[[ Input records, beginning ]]

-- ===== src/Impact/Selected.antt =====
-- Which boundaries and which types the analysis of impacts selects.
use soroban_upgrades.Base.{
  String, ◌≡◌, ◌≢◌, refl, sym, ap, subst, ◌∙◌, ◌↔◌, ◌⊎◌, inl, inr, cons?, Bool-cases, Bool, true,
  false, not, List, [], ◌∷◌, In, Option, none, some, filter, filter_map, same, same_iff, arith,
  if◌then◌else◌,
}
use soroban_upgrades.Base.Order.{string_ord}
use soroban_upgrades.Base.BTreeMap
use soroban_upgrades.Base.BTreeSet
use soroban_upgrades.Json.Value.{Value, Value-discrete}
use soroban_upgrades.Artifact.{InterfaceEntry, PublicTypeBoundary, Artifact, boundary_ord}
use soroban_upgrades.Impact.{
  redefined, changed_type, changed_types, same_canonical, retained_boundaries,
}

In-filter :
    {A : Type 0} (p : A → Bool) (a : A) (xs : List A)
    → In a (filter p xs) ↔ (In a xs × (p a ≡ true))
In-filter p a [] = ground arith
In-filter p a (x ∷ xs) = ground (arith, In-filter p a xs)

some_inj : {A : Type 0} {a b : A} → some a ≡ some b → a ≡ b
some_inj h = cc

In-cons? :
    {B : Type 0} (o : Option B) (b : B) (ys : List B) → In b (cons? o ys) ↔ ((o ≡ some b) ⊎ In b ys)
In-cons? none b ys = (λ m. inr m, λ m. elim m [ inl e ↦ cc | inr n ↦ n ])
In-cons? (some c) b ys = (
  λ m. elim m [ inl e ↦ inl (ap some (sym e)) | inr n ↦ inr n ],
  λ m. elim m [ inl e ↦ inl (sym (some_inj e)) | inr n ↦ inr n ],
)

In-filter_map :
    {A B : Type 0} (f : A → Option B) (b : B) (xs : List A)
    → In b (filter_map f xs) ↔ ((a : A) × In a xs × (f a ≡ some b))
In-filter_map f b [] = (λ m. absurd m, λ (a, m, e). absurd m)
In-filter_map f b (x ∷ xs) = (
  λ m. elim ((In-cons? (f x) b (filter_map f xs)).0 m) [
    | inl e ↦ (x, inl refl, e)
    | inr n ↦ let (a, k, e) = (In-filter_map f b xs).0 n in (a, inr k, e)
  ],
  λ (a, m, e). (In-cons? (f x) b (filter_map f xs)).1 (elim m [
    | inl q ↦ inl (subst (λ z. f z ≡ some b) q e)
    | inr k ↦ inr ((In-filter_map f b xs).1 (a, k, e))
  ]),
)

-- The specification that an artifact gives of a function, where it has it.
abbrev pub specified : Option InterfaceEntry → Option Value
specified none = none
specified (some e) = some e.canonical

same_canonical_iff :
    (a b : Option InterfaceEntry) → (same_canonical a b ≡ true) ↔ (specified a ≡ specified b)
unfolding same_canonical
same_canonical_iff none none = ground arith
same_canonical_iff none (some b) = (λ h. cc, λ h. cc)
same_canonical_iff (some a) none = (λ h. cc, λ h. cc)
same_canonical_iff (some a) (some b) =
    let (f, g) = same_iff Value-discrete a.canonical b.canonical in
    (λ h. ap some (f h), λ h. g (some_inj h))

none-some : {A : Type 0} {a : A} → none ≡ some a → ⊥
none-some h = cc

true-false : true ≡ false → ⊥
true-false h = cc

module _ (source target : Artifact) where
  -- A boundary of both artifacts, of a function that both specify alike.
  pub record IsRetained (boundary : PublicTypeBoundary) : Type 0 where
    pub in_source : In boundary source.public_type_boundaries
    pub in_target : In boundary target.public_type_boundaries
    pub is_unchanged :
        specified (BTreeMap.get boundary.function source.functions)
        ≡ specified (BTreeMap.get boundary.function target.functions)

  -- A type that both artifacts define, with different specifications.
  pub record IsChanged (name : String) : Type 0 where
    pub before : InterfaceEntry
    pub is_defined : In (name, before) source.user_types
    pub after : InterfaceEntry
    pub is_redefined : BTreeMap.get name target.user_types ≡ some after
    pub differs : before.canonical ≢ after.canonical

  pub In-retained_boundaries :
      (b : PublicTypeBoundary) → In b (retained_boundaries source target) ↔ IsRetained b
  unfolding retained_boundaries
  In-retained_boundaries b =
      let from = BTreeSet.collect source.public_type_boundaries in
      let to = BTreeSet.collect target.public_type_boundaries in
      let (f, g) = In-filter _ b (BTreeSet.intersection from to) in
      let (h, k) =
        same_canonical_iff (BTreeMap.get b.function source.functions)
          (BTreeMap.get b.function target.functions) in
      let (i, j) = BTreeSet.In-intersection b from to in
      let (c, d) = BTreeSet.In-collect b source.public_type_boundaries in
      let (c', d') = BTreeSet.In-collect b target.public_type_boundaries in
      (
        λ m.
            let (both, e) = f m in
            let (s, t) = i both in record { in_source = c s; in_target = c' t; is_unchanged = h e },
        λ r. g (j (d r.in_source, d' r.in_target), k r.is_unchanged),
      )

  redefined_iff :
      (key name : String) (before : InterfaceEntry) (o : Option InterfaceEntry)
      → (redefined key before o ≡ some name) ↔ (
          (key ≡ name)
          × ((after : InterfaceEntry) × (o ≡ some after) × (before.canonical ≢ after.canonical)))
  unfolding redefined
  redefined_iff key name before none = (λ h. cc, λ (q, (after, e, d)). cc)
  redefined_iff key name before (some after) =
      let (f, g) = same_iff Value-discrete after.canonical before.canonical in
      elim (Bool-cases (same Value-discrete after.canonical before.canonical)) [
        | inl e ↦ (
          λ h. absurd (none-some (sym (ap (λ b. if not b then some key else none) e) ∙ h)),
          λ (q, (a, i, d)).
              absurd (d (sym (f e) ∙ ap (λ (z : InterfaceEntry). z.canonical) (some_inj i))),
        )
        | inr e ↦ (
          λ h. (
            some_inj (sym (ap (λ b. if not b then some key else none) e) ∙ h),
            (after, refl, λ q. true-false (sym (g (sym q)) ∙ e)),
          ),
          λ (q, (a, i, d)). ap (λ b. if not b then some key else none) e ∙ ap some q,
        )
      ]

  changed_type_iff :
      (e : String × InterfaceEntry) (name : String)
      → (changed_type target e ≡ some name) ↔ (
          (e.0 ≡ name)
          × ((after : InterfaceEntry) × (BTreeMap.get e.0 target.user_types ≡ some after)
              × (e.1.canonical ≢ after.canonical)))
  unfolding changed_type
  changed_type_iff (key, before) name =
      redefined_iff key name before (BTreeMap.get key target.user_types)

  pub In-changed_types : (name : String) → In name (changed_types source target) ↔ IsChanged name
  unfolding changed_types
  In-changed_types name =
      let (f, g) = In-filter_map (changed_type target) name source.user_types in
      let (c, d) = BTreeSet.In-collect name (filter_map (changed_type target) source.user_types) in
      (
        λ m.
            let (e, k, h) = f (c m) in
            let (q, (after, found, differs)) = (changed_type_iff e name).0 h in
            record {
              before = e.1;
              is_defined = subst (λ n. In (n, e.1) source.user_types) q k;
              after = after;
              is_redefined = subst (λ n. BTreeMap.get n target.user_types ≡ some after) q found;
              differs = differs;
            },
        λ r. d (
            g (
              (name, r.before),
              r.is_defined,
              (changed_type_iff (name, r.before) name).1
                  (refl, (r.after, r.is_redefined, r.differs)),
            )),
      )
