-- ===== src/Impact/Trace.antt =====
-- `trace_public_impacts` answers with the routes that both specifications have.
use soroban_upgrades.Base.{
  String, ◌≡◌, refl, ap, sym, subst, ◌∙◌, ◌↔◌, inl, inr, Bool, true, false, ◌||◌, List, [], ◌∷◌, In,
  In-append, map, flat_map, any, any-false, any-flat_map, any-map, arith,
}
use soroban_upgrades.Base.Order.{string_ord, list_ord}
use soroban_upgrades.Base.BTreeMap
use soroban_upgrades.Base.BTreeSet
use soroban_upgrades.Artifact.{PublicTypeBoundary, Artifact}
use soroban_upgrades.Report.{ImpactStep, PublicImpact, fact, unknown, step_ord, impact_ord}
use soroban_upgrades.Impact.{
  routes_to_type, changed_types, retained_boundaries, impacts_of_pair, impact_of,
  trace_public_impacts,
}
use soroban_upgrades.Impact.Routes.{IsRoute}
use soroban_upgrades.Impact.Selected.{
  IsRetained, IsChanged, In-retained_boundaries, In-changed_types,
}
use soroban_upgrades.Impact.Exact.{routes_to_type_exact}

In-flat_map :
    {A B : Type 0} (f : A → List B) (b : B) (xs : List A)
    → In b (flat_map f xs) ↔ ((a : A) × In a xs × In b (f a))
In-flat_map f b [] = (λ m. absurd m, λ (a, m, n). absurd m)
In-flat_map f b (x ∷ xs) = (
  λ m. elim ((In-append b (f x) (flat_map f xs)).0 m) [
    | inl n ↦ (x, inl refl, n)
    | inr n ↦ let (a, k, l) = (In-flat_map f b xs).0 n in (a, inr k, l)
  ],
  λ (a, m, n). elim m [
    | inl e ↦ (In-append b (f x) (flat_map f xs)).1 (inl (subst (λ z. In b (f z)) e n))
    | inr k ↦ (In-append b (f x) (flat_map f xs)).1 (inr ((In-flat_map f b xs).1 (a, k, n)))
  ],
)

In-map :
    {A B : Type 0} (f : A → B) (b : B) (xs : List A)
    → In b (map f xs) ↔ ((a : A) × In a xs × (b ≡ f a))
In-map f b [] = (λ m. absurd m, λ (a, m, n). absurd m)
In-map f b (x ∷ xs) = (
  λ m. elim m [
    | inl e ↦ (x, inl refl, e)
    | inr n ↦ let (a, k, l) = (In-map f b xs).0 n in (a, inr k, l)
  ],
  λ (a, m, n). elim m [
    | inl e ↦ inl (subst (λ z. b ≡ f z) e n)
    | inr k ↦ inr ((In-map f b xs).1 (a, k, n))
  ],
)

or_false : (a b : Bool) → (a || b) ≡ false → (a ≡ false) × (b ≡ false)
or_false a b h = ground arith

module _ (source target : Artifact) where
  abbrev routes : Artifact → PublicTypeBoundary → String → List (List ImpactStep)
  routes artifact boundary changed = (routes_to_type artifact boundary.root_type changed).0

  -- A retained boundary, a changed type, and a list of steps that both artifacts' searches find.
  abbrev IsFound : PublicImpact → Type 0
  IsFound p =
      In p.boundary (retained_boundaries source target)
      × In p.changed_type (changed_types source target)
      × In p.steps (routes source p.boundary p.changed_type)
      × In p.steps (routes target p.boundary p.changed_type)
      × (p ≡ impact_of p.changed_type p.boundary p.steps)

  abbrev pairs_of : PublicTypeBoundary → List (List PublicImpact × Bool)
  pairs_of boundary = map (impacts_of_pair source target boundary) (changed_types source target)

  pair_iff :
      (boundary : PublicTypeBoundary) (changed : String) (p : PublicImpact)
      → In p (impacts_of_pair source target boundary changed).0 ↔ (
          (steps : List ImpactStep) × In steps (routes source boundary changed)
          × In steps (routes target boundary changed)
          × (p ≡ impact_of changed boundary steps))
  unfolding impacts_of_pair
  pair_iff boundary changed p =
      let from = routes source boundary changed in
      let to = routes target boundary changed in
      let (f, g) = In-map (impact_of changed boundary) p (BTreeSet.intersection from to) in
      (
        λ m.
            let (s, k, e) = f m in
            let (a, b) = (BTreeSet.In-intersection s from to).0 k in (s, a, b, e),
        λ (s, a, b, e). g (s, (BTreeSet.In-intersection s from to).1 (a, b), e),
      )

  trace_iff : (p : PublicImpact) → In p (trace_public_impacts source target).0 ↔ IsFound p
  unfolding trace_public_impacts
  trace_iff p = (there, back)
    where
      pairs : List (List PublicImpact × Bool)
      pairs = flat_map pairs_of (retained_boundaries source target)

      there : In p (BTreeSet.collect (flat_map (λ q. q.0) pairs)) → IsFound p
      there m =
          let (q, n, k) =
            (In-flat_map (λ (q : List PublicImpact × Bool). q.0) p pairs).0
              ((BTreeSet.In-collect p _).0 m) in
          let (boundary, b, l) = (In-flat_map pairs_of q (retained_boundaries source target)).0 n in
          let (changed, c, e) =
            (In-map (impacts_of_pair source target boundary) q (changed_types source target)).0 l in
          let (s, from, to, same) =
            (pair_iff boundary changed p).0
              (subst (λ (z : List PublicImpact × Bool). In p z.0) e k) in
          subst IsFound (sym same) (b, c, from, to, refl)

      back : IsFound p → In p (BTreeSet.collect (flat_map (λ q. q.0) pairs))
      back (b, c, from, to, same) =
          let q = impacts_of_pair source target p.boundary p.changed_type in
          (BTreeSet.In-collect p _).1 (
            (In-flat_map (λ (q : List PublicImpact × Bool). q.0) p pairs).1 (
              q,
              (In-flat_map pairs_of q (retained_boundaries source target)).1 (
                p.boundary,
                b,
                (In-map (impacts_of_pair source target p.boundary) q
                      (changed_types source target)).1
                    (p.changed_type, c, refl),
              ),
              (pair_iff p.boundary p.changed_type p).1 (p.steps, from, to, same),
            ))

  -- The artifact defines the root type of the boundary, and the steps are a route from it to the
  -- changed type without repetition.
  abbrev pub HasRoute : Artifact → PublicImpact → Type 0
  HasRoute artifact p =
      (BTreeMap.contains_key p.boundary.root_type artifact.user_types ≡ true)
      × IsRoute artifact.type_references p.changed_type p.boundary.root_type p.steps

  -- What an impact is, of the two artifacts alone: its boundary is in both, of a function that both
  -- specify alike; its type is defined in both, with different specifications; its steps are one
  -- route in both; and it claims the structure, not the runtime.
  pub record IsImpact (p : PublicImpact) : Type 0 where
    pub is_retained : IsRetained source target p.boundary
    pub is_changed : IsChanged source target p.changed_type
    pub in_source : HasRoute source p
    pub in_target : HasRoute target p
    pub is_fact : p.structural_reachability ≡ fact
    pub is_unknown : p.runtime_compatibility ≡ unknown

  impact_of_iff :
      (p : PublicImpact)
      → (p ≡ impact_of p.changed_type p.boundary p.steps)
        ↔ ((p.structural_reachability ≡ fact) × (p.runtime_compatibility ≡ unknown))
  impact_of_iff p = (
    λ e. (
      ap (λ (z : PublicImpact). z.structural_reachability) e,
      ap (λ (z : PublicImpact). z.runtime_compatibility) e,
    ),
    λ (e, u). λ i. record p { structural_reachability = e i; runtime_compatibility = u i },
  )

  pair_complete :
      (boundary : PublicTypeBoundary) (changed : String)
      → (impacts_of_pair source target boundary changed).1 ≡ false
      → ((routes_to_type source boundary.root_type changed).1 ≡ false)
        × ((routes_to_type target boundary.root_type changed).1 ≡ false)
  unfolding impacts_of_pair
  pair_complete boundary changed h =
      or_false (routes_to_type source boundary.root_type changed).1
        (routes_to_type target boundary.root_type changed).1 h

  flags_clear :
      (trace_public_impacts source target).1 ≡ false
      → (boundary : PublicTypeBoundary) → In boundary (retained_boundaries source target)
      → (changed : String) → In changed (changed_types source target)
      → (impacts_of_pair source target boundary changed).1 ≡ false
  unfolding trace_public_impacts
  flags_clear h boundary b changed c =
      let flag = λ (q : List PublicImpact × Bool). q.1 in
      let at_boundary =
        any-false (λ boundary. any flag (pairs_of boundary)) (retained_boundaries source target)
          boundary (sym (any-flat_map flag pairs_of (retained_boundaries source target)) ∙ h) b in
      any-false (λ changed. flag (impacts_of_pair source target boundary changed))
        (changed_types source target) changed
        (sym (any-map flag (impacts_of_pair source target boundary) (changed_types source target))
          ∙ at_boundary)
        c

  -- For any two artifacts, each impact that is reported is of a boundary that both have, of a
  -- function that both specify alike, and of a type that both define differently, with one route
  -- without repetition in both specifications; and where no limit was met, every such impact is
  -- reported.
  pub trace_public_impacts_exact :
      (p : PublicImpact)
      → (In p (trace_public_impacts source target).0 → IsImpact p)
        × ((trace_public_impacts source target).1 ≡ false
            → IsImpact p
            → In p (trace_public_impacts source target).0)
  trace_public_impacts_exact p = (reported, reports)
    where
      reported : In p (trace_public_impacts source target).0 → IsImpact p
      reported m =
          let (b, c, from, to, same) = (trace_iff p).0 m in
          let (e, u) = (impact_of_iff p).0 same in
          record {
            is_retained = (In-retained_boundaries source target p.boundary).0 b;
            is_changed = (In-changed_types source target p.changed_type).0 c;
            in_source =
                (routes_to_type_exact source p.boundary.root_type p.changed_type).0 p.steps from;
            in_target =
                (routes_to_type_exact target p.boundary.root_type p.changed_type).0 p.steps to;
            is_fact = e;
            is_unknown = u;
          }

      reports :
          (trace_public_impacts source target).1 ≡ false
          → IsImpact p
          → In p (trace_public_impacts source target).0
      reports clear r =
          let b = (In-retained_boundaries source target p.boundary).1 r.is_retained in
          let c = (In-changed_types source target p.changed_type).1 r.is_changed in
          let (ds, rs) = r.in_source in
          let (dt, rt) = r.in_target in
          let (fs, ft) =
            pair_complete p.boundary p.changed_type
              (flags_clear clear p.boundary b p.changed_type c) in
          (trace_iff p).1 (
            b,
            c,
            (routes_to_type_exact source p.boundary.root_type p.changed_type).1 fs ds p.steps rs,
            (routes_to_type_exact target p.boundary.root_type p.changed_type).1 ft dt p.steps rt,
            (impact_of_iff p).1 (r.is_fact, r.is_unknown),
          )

[[ Input records, end ]]

Restate word for word the entries above, starting at the line with "-- A boundary" and ending at the line with "specified (BTreeMap.get boundary.function source.functions)", inclusive, and no others.

  -- A boundary of both artifacts, of a function that both specify alike.
  pub record IsRetained (boundary : PublicTypeBoundary) : Type 0 where
    pub in_source : In boundary source.public_type_boundaries
    pub in_target : In boundary target.public_type_boundaries
    pub is_unchanged :
        specified (BTreeMap.get boundary.function source.functions)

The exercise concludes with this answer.